The Kings will interview Memphis assistant and former Golden State head coach Eric Musselman for a second time tonight in Las Vegas, one week after he became the first candidate to interview for the head coaching post.

The decision supports what sources within the Kings organization have confirmed, that Musselman has surpassed Monarchs coach John Whisenant as the frontrunner after it was believed Whisenant had already been chosen by Kings co-owners and longtime friends Joe and Gavin Maloof.


----------



## Floods (Oct 25, 2005)

Hope we turn out better than Golden State if this is indeed the case.


----------



## Premier (Oct 30, 2003)

Musselman is a good coach.


----------



## maKINGSofgreatness (Aug 17, 2003)

All Musselman did was dramatically improve the one of the NBA's most defunct franchises, and they fired him for his trouble. He fits all my original qualifications- young, experienced, defensive (but well-rounded), and not Whisenant. All Kings fans everywhere are in universal agreement that him not being Whis is a huge plus.

I knew as soon as I saw this morning that they were possibly holding out to interview Iavaroni that something was up with the Whiz rumor. Interviewing a couple candidates and then hiring the guy you had pegged all along makes sense, but waiting for someone you have no intention of hiring does not. I hope they do wait and talk to Iavaroni. We have the only head coaching vacancy in the league, Muss and Elie (who I like, too) arn't going anywhere, and the draft is still a month away. 

Does this mean Whiz is out? (I hope so...) 

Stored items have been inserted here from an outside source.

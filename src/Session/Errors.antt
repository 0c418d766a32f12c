-- ===== src/Session/Errors.antt =====
-- harness/session/errors.py, with the markers of harness/session/constants.py: the class of a
-- provider failure by its diagnostic text. Lower case and word boundaries are those of ASCII.
use de_framework.Exec.{
  Error, cli_not_found_error, connection_error, spend_limit_error, other_error, rate_limit_error,
}
use de_framework.Prelude.{
  Bool, List, Option, ℕ, any, false, if◌then◌else◌, leb, true, ℤ, ◌||◌, ◌∷◌, [], not, some, ◌&&◌,
  ◌==◌, negsuc, ◌+◌, none,
}
use de_framework.Text.{Text, codes}

unfoldable pub to_lower : Text → Text
to_lower [] = []
to_lower (c ∷ t) = (if leb b'A' c && leb c b'Z' then c + 32 else c) ∷ to_lower t

unfoldable pub starts_with : Text → Text → Bool
starts_with [] t = true
starts_with (c ∷ p) [] = false
starts_with (c ∷ p) (d ∷ t) = c == d && starts_with p t

-- `marker in text`
unfoldable pub contains : Text → Text → Bool
unfolding starts_with
contains p [] = starts_with p []
contains p (c ∷ t) = starts_with p (c ∷ t) || contains p t

unfoldable pub is_word : ℕ → Bool
is_word c =
    (leb b'0' c && leb c b'9')
    || (leb b'A' c && leb c b'Z')
    || (leb b'a' c && leb c b'z')
    || c == b'_'

abbrev pub word_at : Text → Bool
word_at [] = false
word_at (c ∷ t) = is_word c

-- \b429\b, where `before` tells whether a word character stands before the text.
unfoldable pub has_429 : Bool → Text → Bool
unfolding is_word
has_429 before (b1 ∷ (b2 ∷ (b3 ∷ t))) =
    (not before && b1 == b'4' && b2 == b'2' && b3 == b'9' && not (word_at t))
    || has_429 (is_word b1) (b2 ∷ (b3 ∷ t))
has_429 before _ = false

abbrev pub rate_limit_words : List Text
rate_limit_words = codes "rate_limit" ∷ codes "rate limit" ∷ codes "rate-limit" ∷ []

abbrev pub spend_limit_markers : List Text
spend_limit_markers =
    codes "spend limit" ∷ codes "usage limit reached" ∷ codes "credit balance is too low" ∷ []

abbrev pub transient_error_markers : List Text
transient_error_markers =
    codes "rate_limit"
    ∷ codes "server_error"
    ∷ codes "overloaded_error"
    ∷ codes "connection reset"
    ∷ codes "connection closed"
    ∷ codes "connection refused"
    ∷ codes "econnreset"
    ∷ codes "econnrefused"
    ∷ codes "socket hang up"
    ∷ codes "stream disconnected"
    ∷ codes "timed out"
    ∷ codes "timeout"
    ∷ codes "status code: 429"
    ∷ codes "status code: 500"
    ∷ codes "status code: 502"
    ∷ codes "status code: 503"
    ∷ codes "status code: 504"
    ∷ codes "stream ended without receiving any events"
    ∷ codes "peer closed connection"
    ∷ codes "incomplete chunked read"
    ∷ codes "remoteprotocolerror"
    ∷ codes "connection terminated"
    ∷ codes "disconnect/reset before headers"
    ∷ codes "service unavailable"
    ∷ codes "bad gateway"
    ∷ codes "api error: 502"
    ∷ codes "api error: 503"
    ∷ codes "api error: 504"
    ∷ []

unfoldable pub is_rate_limit_error : Text → Bool
unfolding has_429 to_lower contains
is_rate_limit_error t = has_429 false t || any (λ m. contains m (to_lower t)) rate_limit_words

unfoldable pub is_spend_limit_error : Text → Bool
unfolding to_lower contains
is_spend_limit_error t = any (λ m. contains m (to_lower t)) spend_limit_markers

unfoldable pub is_transient_provider_error : Text → Bool
unfolding is_rate_limit_error
is_transient_provider_error t =
    is_rate_limit_error t || any (λ m. contains m (to_lower t)) transient_error_markers

-- `error` is the class of the exception whose text is given.
unfoldable pub normalize_provider_error : Error → Text → Error
unfolding is_spend_limit_error is_rate_limit_error is_transient_provider_error
normalize_provider_error error t =
    if is_spend_limit_error t
    then spend_limit_error
    else if is_rate_limit_error t
    then rate_limit_error none
    else if is_transient_provider_error t
    then connection_error
    else error

-- The exceptions of the SDK: a missing CLI, a broken CLI connection, a process that failed with an
-- exit code, and any other.
pub data SdkError : Type 0 where
  cli_not_found cli_connection : SdkError
  process : Option ℤ → Text → SdkError
  other : Error → SdkError

is_negative : Option ℤ → Bool
is_negative (some (negsuc n)) = true
is_negative _ = false

-- A `ProcessError` that no marker classifies stays as it is, unless a signal ended the process.
unfoldable pub normalize_connection_error : SdkError → Error
unfolding normalize_provider_error is_negative
normalize_connection_error cli_not_found = cli_not_found_error
normalize_connection_error cli_connection = connection_error
normalize_connection_error (process code t) =
    if is_spend_limit_error t || is_rate_limit_error t || is_transient_provider_error t
    then normalize_provider_error other_error t
    else if is_negative code
    then connection_error
    else other_error
normalize_connection_error (other e) = e
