-- ===== src/Samples/Calls.antt =====
-- Calls on the sample organisation, each computed from the definitions.
use expentra.Prelude.{
  ℕ, true, false, String, Option, none, some, [], ◌∷◌, ◌++◌, ◌≡◌, inl, inr, refl, arith, trim,
}
use expentra.Prelude.Result.{ok, err, forbidden}
use expentra.Entities.{
  ExpenseStatus, ApprovalDecision, Expense, LoadedExpense, ApprovalDelegation, ApprovalLevel,
  ExpenseApproval,
}
use expentra.Store.{Db, Event}
use expentra.Authorization.Types.{PermissionAction, PermissionResource, PermissionScope, AuthUser}
use expentra.Budget.Books.{KeepsBooks}
use expentra.Approval.Decision.{ApproveExpenseInput}
use expentra.Samples.{
  zone, runtime, no_policies, owner, manager, finance, taxi_reference, taxi, office, loaded,
  manager_level, finance_level, levels, sales_budget, grant, caller,
}
use expentra.Approval.Routing.Progress.{HasUniqueKeys}
use expentra.Budget.Sync.Transition.{IsTransition}
use expentra.Authorization.Types.{same_action, same_resource, same_scope, is_super_admin_user}
use expentra.Authorization.Grants.{
  action_and_resource_match, permission_scope_allows, permission_grants, has_permission,
}
use expentra.Authorization.Access.{
  has_global_approval_permission, is_manager_approver, resolve_expense_department_id, manages,
  is_department_manager_for_expense, can_decide_on_expense, stage_grants, can_act_on_approval_stage,
  can_read_expense, can_mutate_expense_draft,
}
use expentra.Authorization.Policy.{
  assert_can_mutate_expense_draft, assert_can_reimburse_expense, assert_can_read_expense,
  assert_can_decide_on_expense,
}
use expentra.Budget.Period.{resolve_budget_year}
use expentra.Budget.Sync.{
  to_expense_budget_snapshot, is_reimbursement_transition, attribution_changed,
  expense_budget_attribution_changed, apply_committed_amount_delta, apply_reimbursed_amount_delta,
  resolve_department_for_submit, add_delta, apply_deltas, sync_reimbursed_amount_for_expense,
  accumulate, sync_committed_amount_for_expense_transition,
}
use expentra.Budget.Sync.Transition.{in_ledger, share}
use expentra.Budget.Ledger.{total}
use expentra.Budget.Usage.{
  summary_of_row, fetch_department_budget_summary, assert_valid_year, get_department_summary,
}
use expentra.Budget.Evaluation.{
  with_projected_metrics, build_submit_evaluation, evaluate_expense_submit, approve_evaluation,
  evaluate_expense_approve,
}
use expentra.Approval.Routing.{
  should_skip_department_manager_stage, level_applies_to_expense, is_required, get_required_levels,
  resolve_initial_submit_status, requires_approval_chain, active_level, get_active_stage, index_of,
  resolve_status_after_level_approval, prior_levels_complete, assert_prior_levels_complete,
  status_fits_index, assert_expense_status_for_stage, assert_ready_for_stage_approval,
}
use expentra.Approval.Decision.{
  normalize_expense_id, load_active_levels, join_expense, load_expense_for_decision, approvals_of,
  assert_no_decision_at_level, persist_approval_decision, next_approval_id, assert_can_act_on_stage,
  assert_over_budget_approval_allowed, save_and_sync, stage_to_decide, stage_open_to,
  approved_expense, publish_approval, approval_row, complete_approval, approve_in_transaction,
  approve,
}
use expentra.Approval.Rejection.{
  rejected_expense, add_rejection_comment, rejection_row, complete_rejection, reject_in_transaction,
  reject,
}
use expentra.Expense.Support.{
  assert_non_empty_title, assert_positive_amount, assert_draft_status, assert_incurred_at,
  load_expense_for_mutation, find_one, build_submit_policy_context,
}
use expentra.Expense.Submit.{
  assign_department, with_active_department, manager_is_missing, assert_submittable,
  submitted_expense, complete_submission, submit_in_transaction, submission_context, submit,
}
use expentra.Expense.Reimbursement.{
  build_reimbursement_reference, reimbursed_expense, reimburse_in_transaction, reimburse,
}
use expentra.Reference.{normalize_entity_reference, is_entity_reference, find_entity_by_reference}
use expentra.Approval.Delegation.{revoke, save_delegation}
use expentra.Store.{
  transaction, find_expense, find_user, find_department, replace_expense, saved_row, save_expense,
  publish, next_id,
}
use expentra.Prelude.{trim, without_dashes, first_chars, last_chars}

abbrev pub plain : ApproveExpenseInput
plain = record { comment = none; over_budget_acknowledged = false }

abbrev pub submitted_taxi : Expense
submitted_taxi = record taxi { status = ExpenseStatus.submitted; submitted_at = some 1000 }

abbrev pub submitted_office : Db
submitted_office = record office {
  expenses = submitted_taxi ∷ [];
  budgets = record sales_budget { committed_amount = 500 } ∷ [];
  events = Event.expense_submitted 7 1 1 1000 ∷ Event.expense_budget_committed 7 1 10 1000 ∷ [];
}

abbrev pub taken : ℕ → ApprovalLevel → ℕ → ApprovalDecision → Option String → ExpenseApproval
taken id l by d comment = record {
  id = id;
  expense_id = 7;
  approval_level_id = l.id;
  approver_id = by;
  decision = d;
  comment = comment;
  decided_at = 1000;
  metadata = none;
}

abbrev pub reviewed_office : Db
reviewed_office = record submitted_office {
  expenses = record submitted_taxi { status = ExpenseStatus.under_review } ∷ [];
  approvals = taken 1 manager_level 2 ApprovalDecision.approved none ∷ [];
  events = submitted_office.events ++ Event.expense_pending_finance 7 1 2 1000 ∷ [];
}

abbrev pub approved_taxi : Expense
approved_taxi = record submitted_taxi { status = ExpenseStatus.approved; approved_at = some 1000 }

abbrev pub approved_office : Db
approved_office = record reviewed_office {
  expenses = approved_taxi ∷ [];
  approvals =
      reviewed_office.approvals ++ taken 2 finance_level 3 ApprovalDecision.approved none ∷ [];
  events = reviewed_office.events ++ Event.expense_approved 7 1 3 1000 ∷ [];
}

abbrev pub paid_taxi : Expense
paid_taxi = record approved_taxi {
  status = ExpenseStatus.reimbursed;
  reimbursed_at = some 1000;
  reimbursement_reference = some "PAY-20260101-A7B9C2";
}

abbrev pub paid_office : Db
paid_office = record approved_office {
  expenses = paid_taxi ∷ [];
  budgets = record sales_budget { committed_amount = 500; reimbursed_amount = 500 } ∷ [];
  events = approved_office.events ++ Event.expense_reimbursed 7 1 3 1000 ∷ [];
}

abbrev pub rejected_office : Db
rejected_office = record submitted_office {
  expenses =
      record submitted_taxi { status = ExpenseStatus.rejected; rejected_at = some 1000 } ∷ [];
  budgets = sales_budget ∷ [];
  approvals = taken 1 manager_level 2 ApprovalDecision.rejected (some "No receipt") ∷ [];
  comments =
      record { id = 1; expense_id = 7; user_id = 2; body = "No receipt"; created_at = 1000 } ∷ [];
  events =
      submitted_office.events
      ++ Event.expense_comment_added 7 2 1 ∷ Event.expense_rejected 7 1 2 1000 ∷ [];
}

abbrev pub loaded_draft : LoadedExpense
loaded_draft = loaded ExpenseStatus.draft

pub submits :
    submit runtime no_policies owner taxi_reference office ≡ (ok submitted_taxi, submitted_office)
unfolding same_action same_resource same_scope is_super_admin_user action_and_resource_match
    permission_scope_allows permission_grants has_permission can_read_expense
    can_mutate_expense_draft assert_can_mutate_expense_draft assert_can_read_expense
    resolve_budget_year to_expense_budget_snapshot is_reimbursement_transition attribution_changed
    expense_budget_attribution_changed apply_committed_amount_delta resolve_department_for_submit
    add_delta apply_deltas accumulate sync_committed_amount_for_expense_transition in_ledger
    summary_of_row fetch_department_budget_summary assert_valid_year get_department_summary
    with_projected_metrics build_submit_evaluation evaluate_expense_submit
    should_skip_department_manager_stage level_applies_to_expense is_required get_required_levels
    resolve_initial_submit_status requires_approval_chain load_active_levels join_expense
    save_and_sync assert_non_empty_title assert_positive_amount assert_draft_status
    assert_incurred_at load_expense_for_mutation find_one build_submit_policy_context
    assign_department with_active_department manager_is_missing assert_submittable submitted_expense
    complete_submission submit_in_transaction submission_context submit normalize_entity_reference
    is_entity_reference find_entity_by_reference transaction find_expense find_department
    replace_expense saved_row save_expense publish trim
submits = refl

pub manager_approves :
    approve runtime manager 7 plain submitted_office
    ≡ (ok (taken 1 manager_level 2 ApprovalDecision.approved none), reviewed_office)
unfolding is_super_admin_user has_permission has_global_approval_permission is_manager_approver
    resolve_expense_department_id manages is_department_manager_for_expense can_decide_on_expense
    stage_grants can_act_on_approval_stage assert_can_decide_on_expense resolve_budget_year
    to_expense_budget_snapshot is_reimbursement_transition attribution_changed
    expense_budget_attribution_changed sync_committed_amount_for_expense_transition in_ledger
    summary_of_row fetch_department_budget_summary assert_valid_year get_department_summary
    approve_evaluation evaluate_expense_approve should_skip_department_manager_stage
    level_applies_to_expense is_required get_required_levels active_level get_active_stage index_of
    resolve_status_after_level_approval prior_levels_complete assert_prior_levels_complete
    status_fits_index assert_expense_status_for_stage assert_ready_for_stage_approval
    normalize_expense_id load_active_levels join_expense load_expense_for_decision approvals_of
    assert_no_decision_at_level persist_approval_decision next_approval_id assert_can_act_on_stage
    assert_over_budget_approval_allowed save_and_sync stage_to_decide stage_open_to approved_expense
    publish_approval approval_row complete_approval approve_in_transaction approve transaction
    find_expense find_department replace_expense saved_row save_expense publish next_id
manager_approves = refl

And finally, go Dallas, the sooner Pheonix is eliminated, the sooner we can get a coach.


----------



## Captain Obvious (Jun 15, 2003)

If Musselman is such a great coach, why has it taken him so long to find another job? He's been in the mix for a lot of jobs the last couple of years and you have to ask yourself why he hasn't been hired. I think it might have to do with some of the problems he had with players in Golden State. Sacramento obviously has a much different makeup than that young Warriors team, so it would be interesting to see how he handles a veteran team led by a volatile personality in Artest.


----------



## maKINGSofgreatness (Aug 17, 2003)

Has anyone heard if Elie of Whiz are scheduled for second inteviews??


----------



## KingByDefault (Dec 6, 2005)

Muss would be a great choice!!!


----------



## JonMatrix (Apr 8, 2003)

Captain Obvious said:


> If Musselman is such a great coach, why has it taken him so long to find another job? He's been in the mix for a lot of jobs the last couple of years and you have to ask yourself why he hasn't been hired. I think it might have to do with some of the problems he had with players in Golden State. Sacramento obviously has a much different makeup than that young Warriors team, so it would be interesting to see how he handles a veteran team led by a volatile personality in Artest.

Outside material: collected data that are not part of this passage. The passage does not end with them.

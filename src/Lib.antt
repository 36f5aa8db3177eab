-- ===== src/Lib.antt =====
-- SOK, a web server for several sites: epoll, worker processes and threads, HTTP and HTTPS on the
-- same ports. This library models what the server does from its start to its end: the processes, the
-- ports, each connection from its first bytes to the bytes that go back, and what is kept between
-- connections.
--
-- How the parts meet. `main` (SOK.cpp) reads the configuration (Core/mstd/yaml.hpp), forks worker
-- processes (Core/utils/ForkManager.hpp), and waits for commands. Each worker listens on the port of
-- every server in the configuration; it (Core/mstd/EpollManager.hpp) calls `dispatch_protocol`
-- (Core/utils/ProtocolDispatcher.hpp) on a readable connection, which peeks at 16 bytes, finds the
-- port's site (Core/utils/SiteConfig.hpp) and calls `handle_http` or `handle_https`
-- (Core/protocols). Both take files from a cache each (Core/mstd/fileCache.hpp). `handle_https`
-- keeps one object of OpenSSL for each descriptor. If the handler returns false, the worker frees
-- the object and closes the connection.
--
-- - Base: the shared names; lists, texts as lists of bytes, signed numbers, association lists,
--   sums of weights over lists.
-- - FileCache: Core/mstd/fileCache.hpp. The recency list is a list of nodes with identities, the
--   map holds each file with its iterator, `current_size` wraps at 2^64. FileCache/Spec is the
--   abstract cache, one list of files in the order of their last use; FileCache/Links, Sizes and
--   Invariant say which states are valid, Load, Shrink and Refine relate the operations to Spec,
--   History follows whole runs, Serve states what a caller sees, Mime the table of types.
-- - Http: Core/protocols/http.hpp. Http/Scan, Headers, Decimal, Request and Parse are the reading
--   of a request (`parse_headers`, the streams' operators, the loop of `recv`), Http/Send is
--   `safe_write` and `send_http_response`, Http itself `handle_http`, in pieces: `handle_request`
--   from the first complete request on, `dispatch_method` from `method` on, `finish` for an answer
--   and the result after it.
-- - Https: Core/protocols/https.hpp in the same way. Https/Objects is `ssl_map` with the objects'
--   lifetimes: `live` are the objects that are not freed, `double_free` remembers a wrong free.
--   `cleanup` is what the worker of EpollManager.hpp does behind the handler.
-- - Yaml: Core/mstd/yaml.hpp. Yaml itself has the values and their readers `getValue`, `getObject`,
--   `getArray`. Yaml/Lines, Tree, Cursor and Parse are the class YAML: the tree that is being read,
--   with the pointers `currentMap`, `currentArray`, `previousMap` as places in it, the scalars, and
--   `parseFile` line by line. Yaml/Written and Print say what the usual layout of a configuration
--   is; Trimming, Places, Steps, Reading and RoundTrip read it back; OneLine has the items that do
--   not fit on the line of their dash, Numerals the numbers.
-- - Site: Core/utils/SiteConfig.hpp, and the loop of SOK.cpp that reads the ports. Site/Configured
--   goes from the configuration's text to the ports and the sites, Roots says which site a port gets.
-- - Dispatcher: Core/utils/ProtocolDispatcher.hpp, with the handlers' state passed through.
-- - Listen: Core/utils/SocketUtils.hpp, and the loop over the ports in `processWorker` of SOK.cpp.
--   A socket is bound to the 16 bits that `htons` keeps of a port, or, where they are 0, to one that
--   the kernel chooses. Listen/Registry is `FdPortRegistry`, Serving relates it to the open sockets,
--   Reuse follows a descriptor that the kernel gives twice.
-- - Children: Core/utils/ForkManager.hpp and the handler of SIGCHLD in SOK.cpp, as a step relation
--   with the kernel's table of children. Children/Reaping follows what is known of a child.
-- - Worker: one worker process, an event at a time: what `epoll_worker` does with an event, with the
--   dispatcher, the registry and the handlers' state together. Worker/Start is `processWorker` of
--   SOK.cpp up to the loop, with `create_ssl_ctx` and the making of the pool; a worker whose pool is
--   without a thread is `starves` there, and the rest is about workers with one. Objects follows the
--   objects of OpenSSL, Ports goes from the configuration's text to the sockets, Steady has what
--   other connections leave alone, Requests one GET request, Serving puts them together.
-- - Main: `main` of SOK.cpp with Core/utils/Config.hpp: `start` is what stands before the loop,
--   `round` one turn of it, `restart` the command. A turn carries what is typed, what signals
--   come meanwhile, what the file holds and what `fork` answers; each child is noted with what it
--   was given. Main/Forked and Rounds follow the children, Input is about the end of the loop,
--   Restart about a configuration that has changed, Serving goes from the start to an answer.
-- - Epoll: Core/mstd/EpollManager.hpp, one worker as a step relation: the threads of the pool that
--   stand before, in or behind `handle_connection`, the loop on `epoll_wait`, the kernel's open
--   descriptors. Threads counts the threads on a descriptor, Exclusion and Reuse follow them.
-- - Pool: Core/mstd/threadPool.hpp, the threads with the mutex and the condition variable, as a
--   step relation. Epoll takes from it only that a thread takes the first task.
--   Pool/Counts follows the tasks, Draining and Sleeping are about the destructor.
-- - Logger: Core/utils/Logger.hpp. Keeping is about the files at a rotation, Lines about all that is
--   logged. The other parts log and do not read the log; their lines are not in the models.
-- - Queue: Core/mstd/lockFreeQueue.hpp, which the server does not use, on a store of nodes. Chain is
--   the list that a queue holds, Order has calls one after the other, Interleaved two at a time,
--   Lifetime the nodes up to the destructor.
-- - Chars: Core/mstd/string.hpp, which the server itself does not use. Bounds and Calls say what
--   stays inside the buffer, Parts is `substr`.
-- - Callable: Core/mstd/function.hpp, with the variables that a `Function` may refer to as a store.
-- - Vector: Core/mstd/vector.hpp, which the server itself does not use. Growth follows its buffer,
--   Iterate has Core/mstd/iterator.hpp.
--
-- What stands outside is an argument: the bytes that `recv` and `SSL_read` deliver, the answers of
-- `write`, `sendfile`, `SSL_write` and `SSL_accept` as lists in the order of the calls, the
-- kernel's answers to the calls on a listening socket, how many threads can be made, and the
-- file system as what `stat`, `open` and `read` show of a path. So are, for the parser, whether
-- `push_back` moves a vector's elements (`moves`) and which texts `std::stod` accepts (`stod`), and for
-- the logger the clock and the answers of `open` and `rename`. The result `none` means that a call
-- has not returned with the answers given.
--
-- Bounds. Bytes are numbers, and nothing depends on their being below 256. Sizes wrap at 2^64.
-- The cache's loop of evictions runs on one round for each listed node and one more; each
-- round unlinks a node, and with no node nothing is counted. The loop over header lines runs on one
-- round for each byte and one more, and each line takes at least a byte. The loops of writes are by
-- recursion on the list of answers. A loop over a vector's iterators takes one round for each element
-- and one more, the queue's destructor one for each element that is left and two more. The loop of
-- `main` takes one turn for each that is given, and `waits` says that it has not ended with them.
--
-- Not modelled: the contents of OpenSSL; what `epoll_ctl` and `fcntl` answer for a connection; the
-- state that a callable keeps itself. In Worker and Main the handlers of one worker are taken one
-- after the other; only Epoll, Pool and Queue have several threads. A signal that comes while `main`
-- does not wait for a command is taken with its next wait. Allocation does not fail, so the handlers
-- of exceptions of both protocols have no work.
pub mod Base
pub mod FileCache
pub mod Http
pub mod Https
pub mod Yaml
pub mod Site
pub mod Dispatcher
pub mod Listen
pub mod Children
pub mod Vector
pub mod Worker
pub mod Main
pub mod Epoll
pub mod Chars
pub mod Pool
pub mod Queue
pub mod Logger
pub mod Callable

He was a front runner for the Magic job last year but the GM at the time, Weisbrod, and ownership disagreed with who should be hired with him or Brian Hill (whom the ownership felt needed a second chance after his disaster of an exit in the late 90's despite never headcoaching anywhere else since)
Weisbrod wanted Musselman to be hired, feeling that maybe he could improve their defense and maybe control Steve Francis (haha). There was also controversy in Atlanta when Terry Stotts was named coach instead of Musselman, who had been an assistant under Lon Kruger.

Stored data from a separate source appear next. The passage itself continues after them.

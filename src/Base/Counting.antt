-- ===== src/Base/Counting.antt =====
-- Sums of weights over a list, to count what a state has of something.
use Prim.Native.Nat.{ℕ, zero, suc, ◌+◌, ◌≤◌}
use mathlib.Core.Bool.{Bool, true, false}
use mathlib.Core.List.{List, [], ◌∷◌, ◌++◌, map}
use mathlib.Core.Option.{some}
use mathlib.Core.Path.{◌≡◌, refl, ap}
use native.Mathlib.Omega.{arith}
use sok.Base.Lists.{set, get_elem?, replicate}

-- 1 if the test holds.
abbrev pub one_if : Bool → ℕ
one_if true = 1
one_if false = 0

module _ {ℓ} {A : Type ℓ} where
  abbrev pub total : (A → ℕ) → List A → ℕ
  total w [] = 0
  total w (t ∷ ts) = w t + total w ts

  -- What moves takes its weight along.
  pub total-set :
      (w : A → ℕ) (ts : List A) (i : ℕ) (old new : A)
      → get_elem? ts i ≡ some old
      → total w (set ts i new) + w old ≡ total w ts + w new
  total-set w [] i old new e = absurd (ground arith)
  total-set w (t ∷ ts) zero old new e = ground arith
  total-set w (t ∷ ts) (suc i) old new e = ground (arith, total-set w ts i old new e)

  pub total-append : (w : A → ℕ) (ts us : List A) → total w (ts ++ us) ≡ total w ts + total w us
  total-append w [] us = omega arith
  total-append w (t ∷ ts) us = omega (arith, total-append w ts us)

  pub total-replicate : (w : A → ℕ) (a : A) (n : ℕ) → w a ≡ 0 → total w (replicate n a) ≡ 0
  total-replicate w a zero e = refl
  total-replicate w a (suc n) e = ground (arith, total-replicate w a n e)

  pub total-map :
      (w : A → ℕ) (f : A → A) (ts : List A)
      → ((a : A) → w (f a) ≡ w a)
      → total w (map f ts) ≡ total w ts
  total-map w f [] e = refl
  total-map w f (t ∷ ts) e = omega (arith, e t, total-map w f ts e)

  pub total-le : (v w : A → ℕ) (ts : List A) → ((a : A) → v a ≤ w a) → total v ts ≤ total w ts
  total-le v w [] e = omega arith
  total-le v w (t ∷ ts) e = omega (arith, e t, total-le v w ts e)

  pub total-ge :
      (w : A → ℕ) (ts : List A) (i : ℕ) (t : A) → get_elem? ts i ≡ some t → w t ≤ total w ts
  total-ge w [] i t e = absurd (ground arith)
  total-ge w (x ∷ ts) zero t e = ground arith
  total-ge w (x ∷ ts) (suc i) t e = omega (arith, total-ge w ts i t e)

  -- Of weights that add up to 1 at most, one is 1.
  pub total_unique :
      (w : A → ℕ) (ts : List A) (i j : ℕ) (t u : A)
      → get_elem? ts i ≡ some t
      → get_elem? ts j ≡ some u
      → w t ≡ 1
      → w u ≡ 1
      → total w ts ≤ 1
      → i ≡ j
  total_unique w [] i j t u a b c d h = absurd (ground arith)
  total_unique w (x ∷ ts) zero zero t u a b c d h = refl
  total_unique w (x ∷ ts) zero (suc j) t u a b c d h = absurd (ground (arith, total-ge w ts j u b))
  total_unique w (x ∷ ts) (suc i) zero t u a b c d h = absurd (ground (arith, total-ge w ts i t a))
  total_unique w (x ∷ ts) (suc i) (suc j) t u a b c d h =
      ap suc (total_unique w ts i j t u a b c d (omega arith))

Musselman's biggest problems were with Arenas always wanting to run the fast break and being slightly out of control on offense and with Erick Dampier only playing when he felt like it. Musselman is more of a half court offense guy who likes to coach a grind it out style of game by making simple plays (he would often make the warriors do layup drills lol i'll find a link later about it). However, Warriors management,especially Chris Mullin the new GM at the time, wanted to play a full court running style with Arenas. When the Arenas situation fell through (he couldn't be resigned as a restricted due to the Bird Rights clause...), management went more to his style...and the next year they won almost as many as the year before. But him and Mullin didn't get along and Mullin wanted "his guy" to get hired...who happened to be the current coach Montgomery.

here's one article: http://www.beyondchron.org/news/index.php?itemid=1508 

He is a good coach but I don't know if Musselman will be able to deal with a team that has mercurial veterans like Wells and Artest on it, seeing as how he had trouble with Arenas and Dampier. However I think both men will like his defense first mentality. Basically I could see this team being one of the more suprisingly good ones in the West next year or one of the suprisingly worst. It all really depends on Wells and Artest. The team also needs to keep Reef.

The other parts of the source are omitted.